Bombi wanted to be a speed runner; she wanted to run so far from her old life that ever returning to it was impossible, but she couldn’t bring herself to harm the star projections. She knew they were innocent in all this and didn’t deserve whatever Chagrinn had planned for them. An apprentice was not a slave, so she was free to do as she wanted.

“I want to help you,” she told Fyar as she got down on her knees and pressed her hands against the cold floor of the astrolabe.

“Wonderful,” Fyar whispered without opening her eyes. “Put your forehead against the ground. Supplicate under the stars. Tell them your secrets and ask for their aid.” Bombi did as she was told. A chill ran up her neck as the highest part of her sword’s blade touched it. It was all black with her eyes closed, but there was still a maelstrom of noise around her.

I wanted only freedom, she told Rorquas silently. The freedom that you have in the sky. Is this because I was born under you Rorquas? Is part of your spirit my own? I fear Chagrinn has no spirit, that it has been replaced with brittle twigs of iron. I pray that I am part of you, so that you may take my strength now when you need it.

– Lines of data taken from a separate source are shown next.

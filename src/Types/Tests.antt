-- ===== src/Types/Tests.antt =====
-- Two function types that differ in a result.
use toywasm.Base.{◌≡◌, refl, [], ◌∷◌}
use toywasm.Types.{Functype, i32, i64, f64, compare_functype}

abbrev returns_i32 : Functype
returns_i32 = record { parameter = i64 ∷ f64 ∷ []; result = i32 ∷ [] }

abbrev returns_i64 : Functype
returns_i64 = record { parameter = i64 ∷ f64 ∷ []; result = i64 ∷ [] }

differ : compare_functype returns_i32 returns_i64 ≡ 1
unfolding compare_functype
differ = refl
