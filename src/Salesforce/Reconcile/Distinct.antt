-- ===== src/Salesforce/Reconcile/Distinct.antt =====
-- The ids that the lake is counted by: each once, and those of its Parquet files.
use automated_outreach_proto.Prelude.{
  ℕ, ◌≡◌, ◌↔◌, ◌⊎◌, inl, inr, refl, sym, ap, ◌∙◌, arith, Bool, Bool-cases, true, false, Option,
  none, some, List, [], ◌∷◌, length, Among, if◌then◌else◌, Result, ok, err, ok-injective,
}
use automated_outreach_proto.Text.{Text, codes, ends_with}
use automated_outreach_proto.Text.Equality.{text_eq_iff}
use automated_outreach_proto.Io.{lift, and_then-eq-ok}
use automated_outreach_proto.Cleansing.PipelineIo.{Files, Objects, get_object, list_keys}
use automated_outreach_proto.Salesforce.Http.{Net}
use automated_outreach_proto.Salesforce.Cloud.{Cloud}
use automated_outreach_proto.Salesforce.Auth.{Crypto}
use automated_outreach_proto.Salesforce.Reconcile.{
  IdColumn, cleansed_prefix, same_id, has_id, update_ids, read_column, with_column, file_ids,
  lake_ids, count_lake,
}

same_id_iff : (x y : Option Text) → (same_id x y ≡ true) ↔ (x ≡ y)
same_id_iff none none = (λ h. refl, λ h. refl)
same_id_iff none (some t) = (λ h. cc, λ h. cc)
same_id_iff (some s) none = (λ h. cc, λ h. cc)
same_id_iff (some s) (some t) =
    (λ h. ap some ((text_eq_iff s t).0 h), λ h. ground (arith, text_eq_iff s t))

has_id_iff : (x : Option Text) (ys : List (Option Text)) → (has_id x ys ≡ true) ↔ Among x ys
has_id_iff x [] = (λ h. absurd (ground arith), λ h. elim h [ ])
has_id_iff x (y ∷ ys) = elim (Bool-cases (same_id x y)) [
  | inl e ↦ rw e (λ h. inl ((same_id_iff x y).0 e), λ a. refl)
  | inr e ↦ rw e (
    λ h. inr ((has_id_iff x ys).0 h),
    λ a. elim a [ inl s ↦ ground (arith, same_id_iff x y) | inr t ↦ (has_id_iff x ys).1 t ],
  )
]

-- No id stands twice.
abbrev pub Distinct : List (Option Text) → Type 0
Distinct [] = Unit
Distinct (x ∷ xs) = (has_id x xs ≡ false) × Distinct xs

update_ids-Distinct : (xs ids : List (Option Text)) → Distinct ids → Distinct (update_ids ids xs)
unfolding update_ids
update_ids-Distinct [] ids d = d
update_ids-Distinct (x ∷ xs) ids d = elim (Bool-cases (has_id x ids)) [
  | inl e ↦ rw (e) (update_ids-Distinct xs ids d)
  | inr e ↦ rw (e) (update_ids-Distinct xs (x ∷ ids) (e, d))
]

-- The ids, after one more has been looked at.
Among-one :
    (x y : Option Text) (ids : List (Option Text))
    → Among x (if has_id y ids then ids else y ∷ ids) ↔ (Among x ids ⊎ (x ≡ y))
Among-one x y ids = elim (Bool-cases (has_id y ids)) [
  | inl e ↦ rw e (λ a. inl a, λ q. elim q [ inl a ↦ a | inr s ↦ rw s ((has_id_iff y ids).0 e) ])
  | inr e ↦
      rw e (
        λ a. elim a [ inl s ↦ inr s | inr t ↦ inl t ],
        λ q. elim q [ inl a ↦ inr a | inr s ↦ inl s ],
      )
]

Among-update_ids :
    (x : Option Text) (xs ids : List (Option Text))
    → Among x (update_ids ids xs) ↔ (Among x ids ⊎ Among x xs)
unfolding update_ids
Among-update_ids x [] ids = (λ a. inl a, λ q. elim q [ inl a ↦ a | inr b ↦ elim b [ ] ])
Among-update_ids x (y ∷ xs) ids =
    let later = Among-update_ids x xs (if has_id y ids then ids else y ∷ ids) in
    let one = Among-one x y ids in
    (
      λ a. elim (later.0 a) [
        | inl b ↦ elim (one.0 b) [ inl c ↦ inl c | inr e ↦ inr (inl e) ]
        | inr b ↦ inr (inr b)
      ],
      λ q. elim q [
        | inl b ↦ later.1 (inl (one.1 (inl b)))
        | inr b ↦ elim b [ inl e ↦ later.1 (inl (one.1 (inr e))) | inr c ↦ later.1 (inr c) ]
      ],
    )

module _ (f : Files) (column : IdColumn f) (objects : Objects f) where
  -- The id stands in the column of the file under the key, which is a Parquet file.
  abbrev pub InFile : Option Text → Text → Type 0
  InFile x key =
      (body : f.backend.Body) × (xs : List (Option Text)) × (ends_with key (codes ".parquet")
        ≡ true)
      × (get_object f objects key ≡ ok body)
      × (column body ≡ ok xs)
      × Among x xs

  -- It stands in one of the files.
  abbrev pub InFiles : Option Text → List Text → Type 0
  InFiles x keys = (key : Text) × Among key keys × InFile x key

  -- What a step of the loop keeps, and what it adds.
  abbrev Adds : (Option Text → Type 0) → List (Option Text) → List (Option Text) → Type 0
  Adds P ids more =
      (Distinct ids → Distinct more) × ((x : Option Text) → Among x more ↔ (Among x ids ⊎ P x))

  -- The file under a key has one column.
  same_column :
      (key : Text) (body : f.backend.Body) (xs : List (Option Text)) (x : Option Text)
      → get_object f objects key ≡ ok body
      → column body ≡ ok xs
      → InFile x key
      → Among x xs
  same_column key body xs x o c (body', xs', p', o', c', b) =
      let same_body : body' ≡ body = ok-injective (sym o' ∙ o) in
      let same_ids : xs' ≡ xs = ok-injective (sym c' ∙ ap column same_body ∙ c) in rw (← same_ids) b

  column-Adds :
      (ids more : List (Option Text)) (key : Text) (object : Result f.backend.Body)
      (read : Result (List (Option Text)))
      → ends_with key (codes ".parquet") ≡ true
      → get_object f objects key ≡ object
      → read_column f column object ≡ read
      → with_column ids read ≡ ok more
      → Adds (λ x. InFile x key) ids more
  column-Adds ids more key (err e) read p o c h =
      let never : err e ≡ ok more = ap (with_column ids) c ∙ h in cc
  column-Adds ids more key (ok body) (err e) p o c h = cc
  column-Adds ids more key (ok body) (ok xs) p o c h = rw (← ok-injective h) (
    update_ids-Distinct xs ids,
    λ x. (
      λ a. elim ((Among-update_ids x xs ids).0 a) [
        | inl b ↦ inl b
        | inr b ↦ inr (body, xs, p, o, c, b)
      ],
      λ q.
          (Among-update_ids x xs ids).1
            (elim q [ inl b ↦ inl b | inr b ↦ inr (same_column key body xs x o c b) ]),
    ),
  )

  file_ids-Adds :
      (ids more : List (Option Text)) (key : Text) (parquet : Bool)
      → ends_with key (codes ".parquet") ≡ parquet
      → file_ids f column objects ids key parquet ≡ ok more
      → Adds (λ x. InFile x key) ids more
  unfolding file_ids
  file_ids-Adds ids more key false e h = rw (← ok-injective h) (
    λ d. d,
    λ x. (λ a. inl a, λ q. elim q [ inl b ↦ b | inr b ↦ let never = b.2 in absurd (ground arith) ]),
  )
  file_ids-Adds ids more key true e h = column-Adds ids more key _ _ e refl refl h

  lake_ids-Adds :
      (keys : List Text) (ids all : List (Option Text))
      → (lake_ids f column objects keys ids tt).0 ≡ ok all
      → Adds (λ x. InFiles x keys) ids all
  unfolding lake_ids
  lake_ids-Adds [] ids all h =
      rw (← ok-injective h)
        (λ d. d, λ x. (λ a. inl a, λ q. elim q [ inl a ↦ a | inr b ↦ elim b.1 [ ] ]))
  lake_ids-Adds (key ∷ keys) ids all h =
      let parquet = ends_with key (codes ".parquet") in
      let (more, p, h1, _) =
        and_then-eq-ok (lift (file_ids f column objects ids key parquet) tt) _ h in
      let (one, this) = file_ids-Adds ids more key parquet refl p in
      let (rest, those) = lake_ids-Adds keys more all h1 in
      (
        λ d. rest (one d),
        λ x. (
          λ a. elim ((those x).0 a) [
            | inl b ↦ elim ((this x).0 b) [ inl c ↦ inl c | inr c ↦ inr (key, inl refl, c) ]
            | inr b ↦ inr (b.0, inr b.1, b.2)
          ],
          λ q. (those x).1 (elim q [
            | inl b ↦ inl ((this x).1 (inl b))
            | inr b ↦ elim b.1 [
              | inl s ↦ inl ((this x).1 (inr (rw (← s) b.2)))
              | inr t ↦ inr (b.0, t, b.2)
            ]
          ]),
        ),
      )

-- What a count of the lake is: the number of the ids that its Parquet files hold, each taken once.
pub record IsCount (f : Files) (column : IdColumn f) (objects : Objects f) (count : ℕ)
    : Type 0 where
  pub keys : List Text
  pub ids : List (Option Text)
  pub listed : list_keys f objects cleansed_prefix ≡ ok keys
  pub distinct : Distinct ids
  pub are_those : (x : Option Text) → Among x ids ↔ InFiles f column objects x keys
  pub counts : length ids ≡ count

pub count_lake-IsCount :
    (n : Net) (f : Files) (k : Crypto) (c : Cloud n f) (column : IdColumn f) (objects : Objects f)
    (count : ℕ)
    → count_lake n f k c column objects ≡ ok count
    → IsCount f column objects count
unfolding count_lake
count_lake-IsCount n f k c column objects count h =
    let (keys, p, h1, _) = and_then-eq-ok (lift (list_keys f objects cleansed_prefix) tt) _ h in
    let (ids, q, h2, _) = and_then-eq-ok (lake_ids f column objects keys [] tt) _ h1 in
    let (d, those) = lake_ids-Adds f column objects keys [] ids q in
    record {
      keys = keys;
      ids = ids;
      listed = p;
      distinct = d tt;
      are_those = λ x.
          (λ a. elim ((those x).0 a) [ inl b ↦ elim b [ ] | inr b ↦ b ], λ b. (those x).1 (inr b));
      counts = ok-injective h2;
    }
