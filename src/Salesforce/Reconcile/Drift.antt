-- ===== src/Salesforce/Reconcile/Drift.antt =====
-- When the drift is zero.
use automated_outreach_proto.Prelude.{
  ℕ, zero, suc, none, ◌≡◌, ◌↔◌, refl, ap, arith, Bool, true, ok, ok-injective, ℤ, pos, negsuc, ◌==◌,
  is_zero,
}
use automated_outreach_proto.Text.{Text, codes}
use automated_outreach_proto.Io.{lift, and_then-eq-ok}
use automated_outreach_proto.Cleansing.PipelineIo.{Files, Objects}
use automated_outreach_proto.Salesforce.Http.{Net}
use automated_outreach_proto.Salesforce.Cloud.{Cloud, Value, whole, percent, micros}
use automated_outreach_proto.Salesforce.Auth.{
  Crypto, load_credentials, get_access_token, Credentials,
}
use automated_outreach_proto.Salesforce.Bulk.{query_count}
use automated_outreach_proto.Salesforce.Sync.{environ}
use automated_outreach_proto.Salesforce.Reconcile.Distinct.{IsCount, count_lake-IsCount}
use automated_outreach_proto.Salesforce.Reconcile.{
  IdColumn, Report, drift_query, drift_percent, count_lake, counted, published, handler,
}

-- The value of a metric is zero; the share of a number above zero is, if its part is zero.
abbrev pub is_zero_value : Value → Bool
is_zero_value (whole k) = is_zero k
is_zero_value (percent a b) = a == 0
is_zero_value (micros k) = k == 0

drift_iff :
    (lake : ℕ) (leads : ℤ) → (is_zero_value (drift_percent lake leads) ≡ true) ↔ (pos lake ≡ leads)
unfolding drift_percent
drift_iff zero (pos zero) = (λ h. refl, λ h. refl)
drift_iff zero (pos (suc k)) = (λ h. ground arith, λ h. ground arith)
drift_iff zero (negsuc k) = (λ h. ground arith, λ h. ground arith)
drift_iff (suc n) (pos k) = (λ h. ap pos (ground arith), λ h. ground arith)
drift_iff (suc n) (negsuc k) = (λ h. ground arith, λ h. ground arith)

-- The number of the leads is what Salesforce answered to the query, asked with the token got for it.
pub record IsAsked (n : Net) (f : Files) (k : Crypto) (c : Cloud n f) (seconds : ℕ) (w : n.World)
    (leads : ℤ) : Type 0 where
  pub secret_id : Text
  pub creds : Credentials
  pub token : Text × Text
  pub named : environ (c.getenv (codes "SALESFORCE_SECRET_ID")) ≡ ok secret_id
  pub of_secret : load_credentials n c.get_secret secret_id ≡ ok creds
  pub got : (get_access_token n k creds seconds w).0 ≡ ok token
  pub answered :
      (query_count n
        (record { instance_url = token.1; access_token = token.0 })
        drift_query
        (record { world = (get_access_token n k creds seconds w).1; api_usage = none })).0
      ≡ ok leads

-- A run that returns reports two counts and their drift. The lake's count is the number of the
-- distinct ids in the columns of the Parquet files among the keys listed under the cleansed prefix:
-- every id of such a file is counted, once, and no other, where a null counts as an id as well. The
-- other count is the number that Salesforce answered to the query for leads with an id. The drift
-- is zero exactly when the two are equal.
pub handler-drift :
    (n : Net) (f : Files) (k : Crypto) (c : Cloud n f) (column : IdColumn f) (seconds : ℕ)
    (objects : Objects f) (w : n.World) (r : Report)
    → (handler n f k c column seconds objects w).0 ≡ ok r
    → IsCount f column objects r.lake_count
      × IsAsked n f k c seconds w r.salesforce_count
      × ((is_zero_value r.drift ≡ true) ↔ (pos r.lake_count ≡ r.salesforce_count))
unfolding handler published counted
handler-drift n f k c column seconds objects w r h =
    let (bucket, _, h1, _) =
      and_then-eq-ok (lift (environ (c.getenv (codes "DATA_BUCKET"))) w) _ h in
    let (lake, p2, h2, _) = and_then-eq-ok (lift (count_lake n f k c column objects) w) _ h1 in
    let (secret_id, p3, h3, _) =
      and_then-eq-ok (lift (environ (c.getenv (codes "SALESFORCE_SECRET_ID"))) w) _ h2 in
    let (creds, p4, h4, _) =
      and_then-eq-ok (lift (load_credentials n c.get_secret secret_id) w) _ h3 in
    let (token, p5, h5, _) = and_then-eq-ok (get_access_token n k creds seconds w) _ h4 in
    let (leads, p6, h6, _) =
      and_then-eq-ok (counted n f k c column token (get_access_token n k creds seconds w).1) _ h5 in
    let (t, _, h7, _) = and_then-eq-ok (c.put_metrics _ _ _) _ h6 in
    rw (← ok-injective h7) (
      count_lake-IsCount n f k c column objects lake p2,
      record {
        secret_id = secret_id;
        creds = creds;
        token = token;
        named = p3;
        of_secret = p4;
        got = p5;
        answered = p6;
      },
      drift_iff lake leads,
    )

“Bombi! Traitor! How dare you abandon your first run?” His voice got closer. She heard him back-dashing straight for her, but she did not lift her head or open her eyes. She kept to her prayer; her spirit was an immovable object. Something collided with Chagrinn and knocked him away before he could reach her. By the sounds it had to be Rorquas, but the whale seemed much larger now. Bombi felt the gust from a strike of its tail; she heard Chagrinn slam into the mechanism.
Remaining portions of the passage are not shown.